Top of Data excerpts

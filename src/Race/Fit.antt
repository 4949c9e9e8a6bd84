-- ===== src/Race/Fit.antt =====
-- What every step keeps, those of `connect` and of the connections' tasks included.
use mesquitte_client.Base.{ℕ, ◌≡◌, refl, subst, ◌∙◌, inl, inr, Bool, [], Bool-cases}
use mesquitte_client.Codec.{Codec}
use mesquitte_client.Token.{
  Token, TokenError, connect_failed, packet_error, flow_complete, new_connect,
}
use mesquitte_client.Pkid.{clean_up}
use mesquitte_client.Packets.{VariablePacket}
use mesquitte_client.State.{Cache}
use mesquitte_client.Options.{ClientOptions}
use mesquitte_client.Net.Sound.{same-Sound, own-flow_complete}
use mesquitte_client.Client.{
  MqttClient, FirstFrame, ended, broken, frame, mark_session, fail_connect, renew, Wait,
}
use mesquitte_client.System.{Waits}
use mesquitte_client.System.Keeping.{IsOpen, task-Keeps, clean-Goes}
use mesquitte_client.System.Operations.{IsFit}
use mesquitte_client.System.Reconnecting.{
  own-mark_session, retokened, offline-IsFit, fail_connect-IsFit, refuse_connect-IsFit, Leaves,
  connect-Leaves,
}
use mesquitte_client.System.Reachable.{
  client_new-IsFit, step-IsFit, NeverPanics, operations-Continues,
}
use mesquitte_client.Race.{
  spawned, Link, Racing, race_new, rest, begin, spawn, receive, conclude, lose, clean, Move, works,
  calls, repeats, begins, is_refused, greets, receives, finishes, ends, loses, cleans, Moves, stays,
  goes_on,
}

module _ {k : Codec} {c : Cache k.PublishPacket} (options : ClientOptions) where
  -- The client is fit, and has a channel from the new shared state on.
  pub record IsFitRace (race : Racing k c) : Type 0 where
    pub fit : IsFit options race.client
    pub ready :
        (r : ℕ) (session_present : Bool)
        → race.phase ≡ spawned r session_present
        → IsOpen race.client.world

  rest-IsFitRace :
      (client : MqttClient k c) (race : Racing k c)
      → IsFit options client
      → IsFitRace (rest client race)
  rest-IsFitRace client race v = record { fit = v; ready = λ r session_present e. absurd (cc e) }

  -- The client changes, and `connect` is where it was.
  same-IsFitRace :
      (race : Racing k c) (client : MqttClient k c) (link : Link)
      → IsFit options client
      → (IsOpen race.client.world → IsOpen client.world)
      → IsFitRace race
      → IsFitRace (record race { client = client; link = link })
  same-IsFitRace race client link v opens v' = record {
    fit = v;
    ready = λ r session_present e. opens (v'.ready r session_present e);
  }

  spawn-IsFitRace :
      (now r : ℕ) (session_present : Bool) (race : Racing k c)
      → IsFitRace race
      → IsFitRace (spawn now r session_present race)
  unfolding spawn renew
  spawn-IsFitRace now r session_present race v = record {
    fit = record {
      same = v.fit.same;
      sound =
          same-Sound race.client.world _ refl (λ f x h. h) (λ s. refl) v.fit.sound v.fit.sound.ids;
      open_channel = λ h. ([], refl);
    };
    ready = λ r' s' e. ([], refl);
  }

  fail-IsFitRace :
      (e : TokenError) (r : ℕ) (race : Racing k c)
      → IsFitRace race
      → IsFitRace (rest (fail_connect e r race.client) race)
  fail-IsFitRace e r race v =
      rest-IsFitRace _ race (fail_connect-IsFit options e r race.client v.fit.same v.fit.sound)

  receive-IsFitRace :
      (now r : ℕ) (first : FirstFrame k) (race : Racing k c)
      → IsFitRace race
      → IsFitRace (receive now r first race)
  receive-IsFitRace now r ended race v = fail-IsFitRace (connect_failed 0) r race v
  receive-IsFitRace now r (broken e) race v = fail-IsFitRace (packet_error e) r race v
  receive-IsFitRace now r (frame (VariablePacket.connack code session_present)) race v =
      elim (Bool-cases (k.is_accepted code)) [
        | inl accepted ↦ rw accepted (spawn-IsFitRace now r session_present race v)
        | inr unwanted ↦ rw unwanted (
            rest-IsFitRace _ race
              (refuse_connect-IsFit options code r race.client v.fit.same v.fit.sound))
      ]
  receive-IsFitRace now r (frame _) race v =
      fail-IsFitRace (packet_error "Not Connack Packet") r race v

  conclude-IsFitRace :
      (r : ℕ) (session_present : Bool) (race : Racing k c)
      → race.phase ≡ spawned r session_present
      → IsFitRace race
      → IsFitRace (conclude r session_present race)
  unfolding conclude
  conclude-IsFitRace r session_present race at v =
      let marked = mark_session session_present r race.client.world.tokens in
      rest-IsFitRace _ race (record {
        same = v.fit.same;
        sound =
            retokened race.client.world (flow_complete (Token.connect r) marked)
              (λ s.
                own-flow_complete (Token.connect r) marked s
                ∙ own-mark_session session_present r race.client.world.tokens s)
              v.fit.sound;
        open_channel = λ h. v.ready r session_present at;
      })

  pub Move-IsFitRace :
      {race race' : Racing k c} → Move race race' → IsFitRace race → IsFitRace race'
  unfolding begin lose clean clean_up
  Move-IsFitRace (works race w' s) v =
      let a = task-Keeps s v.fit.sound in
      same-IsFitRace race (record (race.client) { world = w' }) race.link
        (record {
          same = v.fit.same;
          sound = a.sound;
          open_channel = λ e. a.open_channel (v.fit.open_channel e);
        })
        a.open_channel v
  Move-IsFitRace (calls race client' at s h) v = record {
    fit = step-IsFit options s v.fit;
    ready = λ r b e. absurd (cc (e, at));
  }
  Move-IsFitRace (repeats now dial race client' at busy h) v = record {
    fit = subst (Leaves options dial) h (connect-Leaves options now dial race.client v.fit);
    ready = λ r b e. absurd (cc (e, at));
  }
  Move-IsFitRace (begins race at idle down) v = record {
    fit = offline-IsFit options _ refl v.fit.same (
        retokened race.client.world (new_connect race.client.world.tokens).1 (λ s. refl)
          v.fit.sound);
    ready = λ r b e. absurd (cc e);
  }
  Move-IsFitRace (is_refused e r race at) v = fail-IsFitRace e r race v
  Move-IsFitRace (greets packet r race at built) v = record {
    fit = v.fit;
    ready = λ r' b e. absurd (cc e);
  }
  Move-IsFitRace (receives now r first race at) v = receive-IsFitRace now r first race v
  Move-IsFitRace (finishes r session_present race at idle) v =
      conclude-IsFitRace r session_present race at v
  Move-IsFitRace (ends race at) v = same-IsFitRace race race.client Link.over v.fit (λ h. h) v
  Move-IsFitRace (loses race at) v =
      same-IsFitRace race _ Link.down (offline-IsFit options _ refl v.fit.same v.fit.sound) (λ h. h)
        v
  Move-IsFitRace (cleans race at) v =
      let g = clean-Goes race.client.world v.fit.sound in
      same-IsFitRace race _ Link.closed
        (record { same = v.fit.same; sound = g.sound; open_channel = v.fit.open_channel }) (λ h. h)
        v

  pub Moves-IsFitRace :
      {race race' : Racing k c} → Moves race race' → IsFitRace race → IsFitRace race'
  Moves-IsFitRace (stays race) v = v
  Moves-IsFitRace (goes_on ms m) v = Move-IsFitRace m (Moves-IsFitRace ms v)

-- In a build without overflow checks: whatever a new client went through, in whatever order the steps of
-- `connect`, of the connections' tasks and of the caller came, where each operation of the caller is one
-- step up to its wait on the channel, its identifiers and the last one issued are those of the protocol, its
-- table, its trie, the subscriptions of its tokens and its options are as they should be, it has a channel
-- if it counts as connected, and none of the caller's operations panics on it, but `connect` where the
-- transport does or the greeting cannot be built.
pub moves_never_panic :
    {k : Codec} {c : Cache k.PublishPacket} (options : ClientOptions) (now : ℕ) (race : Racing k c)
    (wait : Wait k c)
    → Moves (race_new options now) race
    → Waits wait
    → IsFit options race.client × NeverPanics options wait race.client
moves_never_panic options now race wait ms waits =
    let new : IsFitRace options (race_new options now) = record {
      fit = client_new-IsFit options now;
      ready = λ r b e. absurd (cc e);
    } in
    let v = (Moves-IsFitRace options ms new).fit in
    (v, operations-Continues options race.client wait v waits)
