-- ===== src/Race/Status.antt =====
-- What the status of a client says of its connection.
use mesquitte_client.Base.{
  ℕ, ◌≡◌, ◌≢◌, refl, subst, sym, Bool, true, false, ◌||◌, Option, none, some, if◌then◌else◌, inl,
  inr, Bool-cases,
}
use mesquitte_client.Codec.{Codec}
use mesquitte_client.Packets.{VariablePacket}
use mesquitte_client.State.{Cache, World}
use mesquitte_client.Options.{ClientOptions}
use mesquitte_client.Client.{
  MqttClient, ConnectStatus, connected, disconnected, connecting, Await, ready, client_new,
  is_connected, put, FirstFrame, ended, broken, frame, Dial, connect_from, connect, publish,
  disconnect, subscribe, subscribe_multiple, unsubscribe, start_over,
}
use mesquitte_client.System.{
  Step, tasks, drops, publishes, subscribes, subscribes_multiple, unsubscribes, disconnects,
  connects, starts_over,
}
use mesquitte_client.Race.{
  Phase, greeting, Racing, race_new, begin, spawn, receive, conclude, lose, clean, by_caller, Move,
  works, calls, repeats, begins, is_refused, greets, receives, finishes, ends, loses, cleans, Moves,
  stays, goes_on,
}
use mesquitte_client.Race.Agree.{
  in_between, Agree, begin-Agree, dialing-Agree, greeting-Agree, conclude-Agree, lose-Agree,
  end-Agree, clean-Agree, given_up,
}

module _ {k : Codec} {c : Cache k.PublishPacket} where
  -- An operation that does not panic leaves this status.
  abbrev Left : ConnectStatus → Option (MqttClient k c) → Type 0
  Left s none = Unit
  Left s (some client) = client.connect_status ≡ s

  put-Left :
      (client : MqttClient k c) (o : Option (World k c)) → Left client.connect_status (put client o)
  put-Left client none = tt
  put-Left client (some w) = refl

  if-Left :
      (b : Bool) (s : ConnectStatus) (o o' : Option (MqttClient k c))
      → Left s o
      → Left s o'
      → Left s (if b then o else o')
  if-Left true s o o' h h' = h
  if-Left false s o o' h h' = h'

  -- None of the caller's operations but `connect` sets the status.
  pub call-status :
      {client client' : MqttClient k c} (s : Step client client')
      → by_caller s ≡ true
      → client'.connect_status ≡ client.connect_status
  unfolding publish subscribe subscribe_multiple unsubscribe disconnect start_over
  call-status (tasks client w' s) h = cc
  call-status (drops client) h = cc
  call-status (connects now dial client client' e) h = cc
  call-status (publishes topic qos retained payload wait client client' waits e) h =
      subst (Left client.connect_status) e (put-Left client _)
  call-status (subscribes topic qos callback wait client client' waits e) h =
      subst (Left client.connect_status) e (put-Left client _)
  call-status (subscribes_multiple topics callback wait client client' waits e) h =
      subst (Left client.connect_status) e (put-Left client _)
  call-status (unsubscribes topics wait client client' waits e) h =
      subst (Left client.connect_status) e (put-Left client _)
  call-status (disconnects wait client client' waits e) h = subst (Left client.connect_status) e (
      if-Left (is_connected client) client.connect_status _ _
        (put-Left (record client { manual_disconnect = true }) _) refl)
  call-status (starts_over client) h = refl

  -- The same of `connect`, if it ends
  abbrev LeftBy : ConnectStatus → Await (MqttClient k c) → Type 0
  LeftBy s (ready client) = client.connect_status ≡ s
  LeftBy s _ = Unit

  connect_from-Left :
      (s : ConnectStatus) (now r : ℕ) (dial : Dial k) (client : MqttClient k c)
      → s ≢ disconnected
      → LeftBy client.connect_status (connect_from s now r dial client)
  connect_from-Left connected now r dial client h = refl
  connect_from-Left connecting now r dial client h = refl
  connect_from-Left disconnected now r dial client h = absurd (h refl)

  -- Nor does `connect` where it returns at once.
  pub repeat-status :
      (now : ℕ) (dial : Dial k) (client client' : MqttClient k c)
      → client.connect_status ≢ disconnected
      → (connect now dial client).1 ≡ ready client'
      → client'.connect_status ≡ client.connect_status
  unfolding connect
  repeat-status now dial client client' busy h =
      subst (LeftBy client.connect_status) h
        (connect_from-Left client.connect_status now _ dial _ busy)

  -- Whether a task sets the status after it was spawned and before the status is set.
  abbrev pub overtakes : {race race' : Racing k c} → Move race race' → Bool
  overtakes (loses race _) = in_between race.phase
  overtakes _ = false

  abbrev pub overtaken : {race race' : Racing k c} → Moves race race' → Bool
  overtaken (stays race) = false
  overtaken (goes_on ms m) = overtakes m || overtaken ms

  abbrev pub Agrees : Bool → Racing k c → Type 0
  Agrees o race = Agree race.phase race.client.connect_status race.link o

  -- The same, in a phase that is known.
  pub in_phase :
      {p : Phase} (o : Bool) (race : Racing k c)
      → race.phase ≡ p
      → Agrees o race
      → Agree p race.client.connect_status race.link o
  in_phase o race at v = subst (λ p. Agree p race.client.connect_status race.link o) at v

  module _ (o : Bool) (race : Racing k c) where
    receive-Agrees :
        (now r : ℕ) (first : FirstFrame k)
        → race.phase ≡ greeting r
        → Agrees o race
        → Agrees o (receive now r first race)
    unfolding spawn
    receive-Agrees now r ended at v =
        given_up race.link o (greeting-Agree _ _ o r (in_phase o race at v)).0
    receive-Agrees now r (broken e) at v =
        given_up race.link o (greeting-Agree _ _ o r (in_phase o race at v)).0
    receive-Agrees now r (frame (VariablePacket.connack code session_present)) at v =
        let (shut, calling) = greeting-Agree _ _ o r (in_phase o race at v) in
        elim (Bool-cases (k.is_accepted code)) [
          | inl accepted ↦ rw (accepted, calling) tt
          | inr unwanted ↦ rw unwanted (given_up race.link o shut)
        ]
    receive-Agrees now r (frame _) at v =
        given_up race.link o (greeting-Agree _ _ o r (in_phase o race at v)).0

  Move-Agrees :
      {race race' : Racing k c} (o : Bool) (m : Move race race')
      → Agrees o race
      → Agrees (overtakes m || o) race'
  unfolding begin lose clean conclude
  Move-Agrees o (works race w' s) v = v
  Move-Agrees o (calls race client' at s h) v =
      subst (λ x. Agree race.phase x race.link o) (sym (call-status s h)) v
  Move-Agrees o (repeats now dial race client' at busy h) v =
      subst (λ x. Agree race.phase x race.link o)
        (sym (repeat-status now dial race.client client' busy h)) v
  Move-Agrees o (begins race at free is) v =
      begin-Agree _ race.link o race.client.world.tokens.connects.next free is
        (in_phase o race at v)
  Move-Agrees o (is_refused e r race at) v =
      given_up race.link o (dialing-Agree _ _ o r (in_phase o race at v)).0
  Move-Agrees o (greets packet r race at built) v =
      let (shut, calling) = dialing-Agree _ _ o r (in_phase o race at v) in rw (shut, calling) tt
  Move-Agrees o (receives now r first race at) v = receive-Agrees o race now r first at v
  Move-Agrees o (finishes r session_present race at free) v =
      conclude-Agree _ race.link o r session_present (in_phase o race at v)
  Move-Agrees o (ends race is) v =
      end-Agree race.phase race.client.connect_status o
        (subst (λ l. Agree race.phase race.client.connect_status l o) is v)
  Move-Agrees o (loses race is) v =
      lose-Agree race.phase race.client.connect_status o
        (subst (λ l. Agree race.phase race.client.connect_status l o) is v)
  Move-Agrees o (cleans race is) v =
      clean-Agree race.phase race.client.connect_status o
        (subst (λ l. Agree race.phase race.client.connect_status l o) is v)

  pub Moves-Agrees :
      {race race' : Racing k c} (ms : Moves race race')
      → Agrees false race
      → Agrees (overtaken ms) race'
  Moves-Agrees (stays race) v = v
  Moves-Agrees (goes_on ms m) v = Move-Agrees (overtaken ms) m (Moves-Agrees ms v)

pub new-Agrees :
    (k : Codec) (c : Cache k.PublishPacket) (options : ClientOptions) (now : ℕ)
    → Agrees false (race_new {k = k} {c = c} options now)
unfolding client_new
new-Agrees k c options now = tt
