-- ===== src/Race/Stale.antt =====
-- A connection that ends before `connect` has set the status.
use mesquitte_client.Base.{ℕ, ◌≡◌, ◌≢◌, refl, ◌∙◌, Bool}
use mesquitte_client.Codec.{Codec}
use mesquitte_client.State.{Cache}
use mesquitte_client.Client.{connected}
use mesquitte_client.Race.{
  resting, spawned, up, over, Racing, conclude, lose, clean, Move, works, calls, repeats, begins,
  is_refused, greets, receives, finishes, ends, loses, cleans, Moves, stays, goes_on,
}
use mesquitte_client.Race.Status.{call-status, repeat-status}

module _ {k : Codec} {c : Cache k.PublishPacket} where
  -- The client counts as connected while no loop runs.
  pub record IsStale (race : Racing k c) : Type 0 where
    pub at_rest : race.phase ≡ resting
    pub status : race.client.connect_status ≡ connected
    pub gone : race.link ≢ up
    pub settled : race.link ≢ over

  Move-IsStale : {race race' : Racing k c} → Move race race' → IsStale race → IsStale race'
  unfolding lose clean
  Move-IsStale (works race w' s) v = record {
    at_rest = v.at_rest;
    status = v.status;
    gone = v.gone;
    settled = v.settled;
  }
  Move-IsStale (calls race client' at s h) v = record {
    at_rest = v.at_rest;
    status = call-status s h ∙ v.status;
    gone = v.gone;
    settled = v.settled;
  }
  Move-IsStale (repeats now dial race client' at busy h) v = record {
    at_rest = v.at_rest;
    status = repeat-status now dial race.client client' busy h ∙ v.status;
    gone = v.gone;
    settled = v.settled;
  }
  Move-IsStale (begins race at free is) v = absurd (cc (is, v.status))
  Move-IsStale (is_refused e r race at) v = absurd (cc (at, v.at_rest))
  Move-IsStale (greets packet r race at built) v = absurd (cc (at, v.at_rest))
  Move-IsStale (receives now r first race at) v = absurd (cc (at, v.at_rest))
  Move-IsStale (finishes r session_present race at free) v = absurd (cc (at, v.at_rest))
  Move-IsStale (ends race is) v = absurd (v.gone is)
  Move-IsStale (loses race is) v = absurd (v.settled is)
  Move-IsStale (cleans race is) v = record {
    at_rest = v.at_rest;
    status = v.status;
    gone = λ e. cc e;
    settled = λ e. cc e;
  }

  Moves-IsStale : {race race' : Racing k c} → Moves race race' → IsStale race → IsStale race'
  Moves-IsStale (stays race) v = v
  Moves-IsStale (goes_on ms m) v = Move-IsStale m (Moves-IsStale ms v)

-- A connection may end when its task is spawned and the status is not yet set. When the task has cleaned
-- up, `connect` goes on to count the client as connected, and whatever happens from there on, it counts as
-- connected for ever, no loop runs, and no call of `connect` gets as far as to dial.
pub never_dials_again :
    {k : Codec} {c : Cache k.PublishPacket} (race : Racing k c) (r : ℕ) (session_present : Bool)
    → race.phase ≡ spawned r session_present
    → race.link ≡ up
    → let after = conclude r session_present (clean (lose race)) in
      Moves race after × ((race' : Racing k c) → Moves after race' → IsStale race')
unfolding lose clean conclude
never_dials_again race r session_present at is =
    let lost =
      goes_on (goes_on (stays race) (ends race is)) (loses (record race { link = over }) refl) in
    (
      goes_on (goes_on lost (cleans (lose race) refl))
          (finishes r session_present (clean (lose race)) at (λ e. cc e)),
      λ race' ms.
          Moves-IsStale ms
            (record { at_rest = refl; status = refl; gone = λ e. cc e; settled = λ e. cc e }),
    )
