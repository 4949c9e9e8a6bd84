-- ===== src/Samples.antt =====
-- Data for the examples: a codec and a cache over plain data, a heap with no token, a client.
use mesquitte_client.Base.{
  ℕ, ◌≡◌, inl, Option, none, some, List, [], ◌∷◌, String, Bool, false, refl, nat_beq, nat_beq_iff,
  nat_key, get, contains_key, insert, remove, get-insert, get-remove, arith,
}
use mesquitte_client.Codec.{Codec, QualityOfService, QosWithPacketIdentifier}
use mesquitte_client.Subscription.{Subscription}
use mesquitte_client.Token.{Tokens}
use mesquitte_client.Pkid.{packet_ids_new}
use mesquitte_client.Topics.{topic_manager_new, add}
use mesquitte_client.State.{Cache, World}
use mesquitte_client.System.{empty_heap}

-- A codec over plain data: return codes are bytes, every text is a topic.
abbrev pub split_plain : QosWithPacketIdentifier → QualityOfService × Option ℕ
split_plain QosWithPacketIdentifier.level0 = (QualityOfService.level0, none)
split_plain (QosWithPacketIdentifier.level1 id) = (QualityOfService.level1, some id)
split_plain (QosWithPacketIdentifier.level2 id) = (QualityOfService.level2, some id)

pub record PlainPublish : Type 0 where
  pub name : String
  pub bytes : List ℕ
  pub level : QosWithPacketIdentifier
  pub again : Bool
  pub kept : Bool

abbrev pub plain : Codec
plain = record {
  ConnectReturnCode = ℕ;
  connection_accepted = 0;
  is_accepted = λ c. nat_beq c 0;
  to_u8 = λ c. c;
  SubscribeReturnCode = ℕ;
  is_failure = λ c. nat_beq c 128;
  TopicName = String;
  topic_name_new = λ s. some s;
  TopicFilter = String;
  topic_filter_new = λ s. some s;
  LastWill = String × List ℕ;
  last_will_new = λ t m. some (t, m);
  split = split_plain;
  PublishPacket = PlainPublish;
  publish_new = λ t q b. record { name = t; bytes = b; level = q; again = false; kept = false };
  set_retain = λ r p. record p { kept = r };
  topic_name = λ p. p.name;
  payload = λ p. p.bytes;
  qos = λ p. p.level;
  dup = λ p. p.again;
  retain = λ p. p.kept;
  is_accepted_iff = λ c. nat_beq_iff c 0;
  split-level0 = refl;
  split-level1 = λ id. refl;
  split-level2 = λ id. refl;
}

-- The same, but no text is a topic.
abbrev pub refusing : Codec
refusing = record plain {
  topic_name_new = λ s. none;
  topic_filter_new = λ s. none;
  last_will_new = λ t m. none;
}

abbrev pub tokens_of : (k : Codec) → Tokens k
tokens_of k = empty_heap k

abbrev pub no_tokens : Tokens plain
no_tokens = tokens_of plain

pub plain_kept : {V : Type 0} (id : ℕ) (v : V) (s : List (ℕ × V)) → get id (insert id v s) ≡ some v
plain_kept id v s = ground (arith, get-insert id id v s)

pub plain_gone : {V : Type 0} (id : ℕ) (s : List (ℕ × V)) → get id (remove id s) ≡ none
plain_gone id s = ground (arith, get-remove id id s)

-- A cache that evicts nothing.
abbrev pub plain_cache : Cache PlainPublish
plain_cache = record {
  Store = List (ℕ × PlainPublish);
  empty = [];
  contains_key = contains_key;
  insert = insert;
  remove = λ id s. (get id s, remove id s);
  remove-insert = λ id v s. inl (plain_kept id v s);
  remove-remove = λ id s. plain_gone id s;
}

pub plain_cache_keeps :
    (id : ℕ) (p : PlainPublish) (s : List (ℕ × PlainPublish))
    → (plain_cache.remove id (plain_cache.insert id p s)).0 ≡ some p
plain_cache_keeps = plain_kept

abbrev pub news : Subscription
news = record { topic = "sport/+"; qos = QualityOfService.level1; handler = 5 }

-- A connected client with one subscription, and no operation in flight.
abbrev pub connected : World plain plain_cache
connected = record {
  state = record {
    packet_ids = packet_ids_new;
    topic_manager = add news topic_manager_new;
    subscriptions = ("sport/+", news) ∷ [];
    pending_packets = [];
    outgoing_tx = some [];
    last_sent_packet_at = 0;
  };
  tokens = no_tokens;
  spawned = [];
}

Bottom of Data excerpts

→ Problem statement: For the word "overtaken", go through the records and show each line that carries it.

→ Output of the task:
  abbrev pub overtaken : {race race' : Racing k c} → Moves race race' → Bool
  overtaken (stays race) = false
  overtaken (goes_on ms m) = overtakes m || overtaken ms
      → Agrees (overtaken ms) race'
  Moves-Agrees (goes_on ms m) v = Move-Agrees (overtaken ms) m (Moves-Agrees ms v)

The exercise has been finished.